A story that turned out better than I ever could have imagined involving 35 teachers from three rural schools serving 750 students, 5 cooks, 4 translators, 2 drivers, 4 American volunteers, and 18 donors!

By Serena Clayton

We embarked on this endeavor with the conviction that teachers and their practices in the classroom are at the heart of a quality education.  Sionfonds has built classrooms, provided materials, paid teachers and served school lunches.  Now it was time to support the teachers and help them to be more effective in the classroom.

We also embarked on this work with some trepidation.  Would the teachers understand and embrace the new ideas we were presenting?  Would the workshop respond to their needs?  Would the translation work?  Would there be food and beds for everyone?  It was a complicated project.

The teachers and staff in Kenscoff hosted the workshop and arranged for all of our food. The teachers from Cavaillon traveled six hours and spent five nights at the Kenscoff school transformed into guest house.  The teachers from Masson walked down a steep mountain and across a rocky river bed for a five hour round trip journey each day of the workshop.

Based on the recognition that as Americans, we don’t know how to teach in Haiti, we taught a process for collaborative learning and problem solving.  We asked each school to map out resources in their communities that could be used for education: animals, crops, the sea, tradespeople and “the 94 year old man who has a book in his head about the history of the region.”  They practiced demonstrating lessons, observing and providing feedback through “collaborative mentoring.”  We shared the “story of our names” and wrote poems about where we come from to demonstrate community building in the classroom.  We made simple books from sheets of paper with no staples or glue (it’s easy!), and the teachers shared ideas about how books made by their students could be used to improve literacy.  We brought math manipulatives (tiles, cubes, counting boards) and brainstormed ways to use them to teach math concepts.  We gave every school a wordless book and demonstrated how to engage the students in building their own story from the pictures, reinforcing the idea that writing is critical to learning to read.

We were impressed by how the teachers embraced all of these very foreign activities with open minds, and we were moved by their enthusiasm.  The “academic scavenger hunt” on the last day provoked intense competition between the three schools.  And the last item in the hunt, ‘write a song about your school” brought the house down with three hilarious  performances.

We were simultaneously humbled and proud when, in the closing celebration, several groups demonstrated “collaborative mentoring”; others wrote songs; and one of the quietest members of the groups surprised us all with a beautiful poem honoring the school that hosted the workshop.

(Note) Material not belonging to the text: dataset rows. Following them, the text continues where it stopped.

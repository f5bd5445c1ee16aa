-- ===== src/Lib.antt =====
-- DoUpRo, an update manager for Docker containers: the scripts of its web interface, the
-- authentication and the rate limit that their requests meet, the updater of a container with the
-- guard that keeps two operations apart and the rollback, the watches that count crashes after an
-- update with their monitor, the schedules and the replacement of the daemon itself, the choice of
-- a newer version, and the notifications with their queue.
--
-- - Base: names, tests, lists, texts (lists of code units) and integers that the rest shares.
-- - Web/Csv and Web/Html: split, join, trim and escapeHtml, as web/static/combobox.js uses them.
-- - Web/Combobox: web/static/combobox.js, function by function (selected, renderChips, highlight,
--   open, close, pick, and the listeners, which are the cases of step).
-- - Web/Csrf: web/static/csrf.js (getCookie, the patched fetch, the submit listener).
-- - Web/Stacks: web/static/stacks.js; its three functions are Web/Stacks, Web/Stacks/Filter and
--   Web/Stacks/Action, with the element of createDonutSpinner in Web/Stacks/Spinner.
-- - Web/Wiring: the end of each of these scripts, where it waits for DOMContentLoaded or attaches its
--   listeners at once, over the elements of a page as they are parsed.
-- - Web/Prefs: web/static/theme.js and web/static/sidebar.js.
-- - Auth/Access: roles and permissions of internal/store/auth.go.
-- - Auth/Middleware: RequireAuth, RequirePermission and validCSRF of internal/auth/middleware.go;
--   Browser puts the CSRF script and the middleware together.
-- - Store/Time: instants, as Go compares them and as the text columns of the database do.
-- - Store/Watches: the rollback watches of internal/store/crashloop.go, a step for each transaction.
-- - Store/Containers: the rows of internal/store/store.go that the updater and
--   the crash monitor write.
-- - Updater/Guard: operationGuard and beginOperation of internal/updater/operations.go.
-- - Updater/Json, Updater/Volumes, Updater/Validate, Updater/Engine and Updater/Recreate:
--   internal/updater/recreate.go. Json has compareJSONSubset, Volumes preserveAnonymousVolumes,
--   Validate validateRecreation and the types, and Recreate buildRecreationPlan and recreate, with the
--   calls to the Docker engine (Engine) as a log. cloneJSON is the identity, as it copies what came
--   from JSON.
-- - Updater/Update: Update, revert and failBeforeRemoval of internal/updater/updater.go, which use the
--   guard, the recreation and both tables.
-- - Updater/Rollback: Rollback of internal/updater/updater.go.
-- - Updater/SelfUpdate: RunSelfUpdateHelper of internal/updater/self_update.go over the engine's log, and
--   in Updater/SelfUpdate/Start its StartSelfUpdate, which closes the guard. The callback selfBlockers is
--   a parameter there; Scheduler/Blockers has the function that the daemon passes.
-- - Store/Schedules and Store/Candidates: internal/store/schedules.go and update_candidates.go beside it.
-- - Scheduler: runDueSchedules and runRelativePolicies of internal/scheduler/scheduler.go over both tables,
--   the rows of the containers and the updater; Scheduler/Blockers: SelfUpdateBlockers;
--   Scheduler/Check: how checkOneContainer of internal/scheduler/check.go finds candidates. A tick is a
--   function of the daemon's state, with the clock and the failures of the store at that moment;
--   Scheduler/Ticks: the two kinds of tick of Run in a sequence, where what Check does to the tables in
--   a check tick is any function.
-- - Crash/Monitor: handleEvent, syncState, recordCrash and reconcile of internal/crashloop/monitor.go;
--   Crash/Task is its task that rolls a container back, over Updater/Rollback.
-- - Notifier/Channels: the channels of internal/notifier/notifier.go (categorize, matches, SetChannels,
--   PublicChannels, Notify).
-- - Notifier/Queue: internal/store/notification_queue.go, with deliverOne, backoff and the
--   inner loop of Run of the notifier.
-- - Registry/Semver: SelectSemverCandidates of internal/registry/semver.go; Registry/Ref: its ReplaceTag,
--   and ParseRef and ClassifyUpdate of internal/registry/registry.go.
-- - Api/RateLimit: internal/api/ratelimit.go, with the time in nanoseconds as a number.
--
-- The browser and the Go library are not modelled: toLowerCase and decodeURIComponent are
-- parameters, JSON is a record with the laws that the scripts rely on, and the store's lookups by
-- session or API key, with the hash of a token, are a record of functions. The Docker engine is a
-- record of functions of the calls made so far, each of which may fail, and encoding/json on the
-- types of Docker's API is a parameter. In the scheduler time.ParseDuration, the cron library, the
-- clock and the columns stack and excluded of a container's row are parameters, and in the
-- self-update what is read of the machine and of the fields of Docker's API that nothing else
-- reads. Writes to the database may fail as a whole in Updater/Update, Updater/Rollback, Crash/Task
-- and Scheduler, and do not in Store/Watches, Crash/Monitor and Notifier/Queue. Metrics, events and
-- log messages are left out. A page's elements are the fields that the scripts read and write.
-- Every loop is a recursion on its list, or on a number that the source counts; the notifier's
-- inner loop runs over a list of turns, of which one more than the attempts that are left is
-- enough, as each delivery uses up one; how often a rollback polls a restarting container is any
-- number. The registry client, the rest of the registry check, the HTTP handlers and the endless
-- loops that wait for events are not modelled.
pub mod Base
pub mod Web
pub mod Auth
pub mod Store
pub mod Updater
pub mod Api
pub mod Registry
pub mod Notifier
pub mod Crash
pub mod Scheduler
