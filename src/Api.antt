-- ===== src/Api.antt =====
-- internal/api: the limit on login attempts.
pub mod RateLimit
mod Tests
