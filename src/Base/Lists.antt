-- ===== src/Base/Lists.antt =====
-- Lists measured and indexed by native numbers, and a predicate on every element.
use Prim.Native.Nat.{ℕ, zero, suc, ◌≤◌}
use mathlib.Core.Path.{◌≡◌, refl, sym, subst}
use mathlib.Core.Logic.{◌⊎◌, inl, inr}
use mathlib.Core.Bool.{Bool}
use mathlib.Core.List.{List, [], ◌∷◌, ◌++◌}
use mathlib.Core.Option.{Option, none, some}
use native.Mathlib.Omega.{arith}
use doupro.Base.Tests.{if◌then◌else◌}

module _ {ℓ} {A : Type ℓ} where
  abbrev pub length : List A → ℕ
  length [] = 0
  length (x ∷ xs) = suc (length xs)

  abbrev pub get_elem? : List A → ℕ → Option A
  get_elem? [] i = none
  get_elem? (x ∷ xs) zero = some x
  get_elem? (x ∷ xs) (suc i) = get_elem? xs i

  abbrev pub take : ℕ → List A → List A
  take zero xs = []
  take (suc n) [] = []
  take (suc n) (x ∷ xs) = x ∷ take n xs

  -- `xs.filter(p)`
  abbrev pub keep : (A → Bool) → List A → List A
  keep p [] = []
  keep p (x ∷ xs) = if p x then x ∷ keep p xs else keep p xs

  pub length-take-le : (n : ℕ) (xs : List A) → length (take n xs) ≤ n
  length-take-le zero xs = omega arith
  length-take-le (suc n) [] = omega arith
  length-take-le (suc n) (x ∷ xs) = omega (arith, length-take-le n xs)

module _ {ℓ κ} {A : Type ℓ} (P : A → Type κ) where
  abbrev pub All : List A → Type κ
  All [] = Unit
  All (x ∷ xs) = P x × All xs

  pub All-append : (xs ys : List A) → All xs → All ys → All (xs ++ ys)
  All-append [] ys h k = k
  All-append (x ∷ xs) ys (p, h) k = (p, All-append xs ys h k)

  pub All-take : (n : ℕ) (xs : List A) → All xs → All (take n xs)
  All-take zero xs h = tt
  All-take (suc n) [] h = tt
  All-take (suc n) (x ∷ xs) (p, h) = (p, All-take n xs h)

-- The elements of a list, as a sum that computes.
abbrev pub IsOneOf : {A : Type 0} → List A → A → Type 0
IsOneOf [] x = ⊥
IsOneOf (y ∷ ys) x = (x ≡ y) ⊎ IsOneOf ys x

pub All-IsOneOf {κ} :
    {A : Type 0} (P : A → Type κ) (xs : List A) (x : A) → All P xs → IsOneOf xs x → P x
All-IsOneOf P [] x h m = absurd m
All-IsOneOf P (y ∷ ys) x (p, h) (inl e) = subst P (sym e) p
All-IsOneOf P (y ∷ ys) x (p, h) (inr m) = All-IsOneOf P ys x h m

pub IsOneOf-self : {A : Type 0} (xs : List A) → All (IsOneOf xs) xs
IsOneOf-self [] = tt
IsOneOf-self (x ∷ xs) = (inl refl, All_widen x xs xs (IsOneOf-self xs))
  where
    All_widen :
        {A : Type 0} (x : A) (xs ys : List A) → All (IsOneOf xs) ys → All (IsOneOf (x ∷ xs)) ys
    All_widen x xs [] h = tt
    All_widen x xs (y ∷ ys) (m, h) = (inr m, All_widen x xs ys h)
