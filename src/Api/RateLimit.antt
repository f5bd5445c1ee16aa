-- ===== src/Api/RateLimit.antt =====
-- internal/api/ratelimit.go. The clock, in nanoseconds, does not run backwards; the mutex makes a run a
-- sequence of calls.
pub mod Calls
pub mod Bounds
use doupro.Base.{
  Bool, true, false, Option, none, some, List, [], ◌∷◌, ℕ, ◌+◌, Text, text_eq, if◌then◌else◌, ltb,
  leb,
}

pub record Bucket : Type 0 where
  pub count : ℕ
  pub window_ends : ℕ

-- The map `buckets`, from a client's address; a write adds an entry in front.
abbrev pub Buckets : Type 0
Buckets = List (Text × Bucket)

abbrev pub bucket_of : Text → Buckets → Option Bucket
bucket_of key [] = none
bucket_of key ((k, b) ∷ bs) = let rest = bucket_of key bs in if text_eq k key then some b else rest

pub record RateLimiter : Type 0 where
  pub limit : ℕ
  pub window : ℕ
  pub buckets : Buckets

abbrev pub new_rate_limiter : ℕ → ℕ → RateLimiter
new_rate_limiter limit window = record { limit = limit; window = window; buckets = [] }

-- The bucket that counts a call: a new one, where there is none or its window has ended.
abbrev pub current_bucket : ℕ → ℕ → Option Bucket → Bucket
current_bucket window now none = record { count = 0; window_ends = now + window }
current_bucket window now (some b) =
    if ltb b.window_ends now then record { count = 0; window_ends = now + window } else b

unfoldable pub allow : Text → ℕ → RateLimiter → Bool × RateLimiter
allow key now l =
    let b = current_bucket l.window now (bucket_of key l.buckets) in
    let b' = record b { count = b.count + 1 } in
    (leb b'.count l.limit, record l { buckets = (key, b') ∷ l.buckets })

-- What a request gets: the handler's answer, or the status 429.
pub data Answer : Type 0 where
  handled too_many_requests : Answer

-- `clientIP`, for `net.SplitHostPort`
abbrev pub client_ip : (Text → Option Text) → Text → Text
client_ip split_host_port address = elim (split_host_port address) [
  | some host ↦ host
  | none ↦ address
]

-- `wrap`
unfoldable pub wrap : (Text → Option Text) → Text → ℕ → RateLimiter → Answer × RateLimiter
unfolding allow
wrap split_host_port address now l =
    let (ok_, l') = allow (client_ip split_host_port address) now l in
    (if ok_ then handled else too_many_requests, l')

-- Requests, each an address and the time of its arrival.
abbrev pub serve_all :
    (Text → Option Text) → List (Text × ℕ) → RateLimiter → List (Text × Answer) × RateLimiter
serve_all split_host_port [] l = ([], l)
serve_all split_host_port ((address, now) ∷ rs) l =
    let (answer, l1) = wrap split_host_port address now l in
    let (answers, l2) = serve_all split_host_port rs l1 in
    ((client_ip split_host_port address, answer) ∷ answers, l2)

We know that training does not immediately change practice.  The reality of teaching in any classroom, and especially in Haiti, makes it hard to implement new methods.  However I am confident that at least some of the teachers will have their students make a book, will use the math materials, will problem solve together, or will invite the 94 year old man to speak.  I am confident that all of the schools have a more cohesive group of teachers who feel validated and supported in a way that few teachers ever do in Haiti.  I am confident that in a small way, we made a contribution to improving education for 750 kids in Haiti.

Thank you to everyone who was part of this story.

Please watch the video too!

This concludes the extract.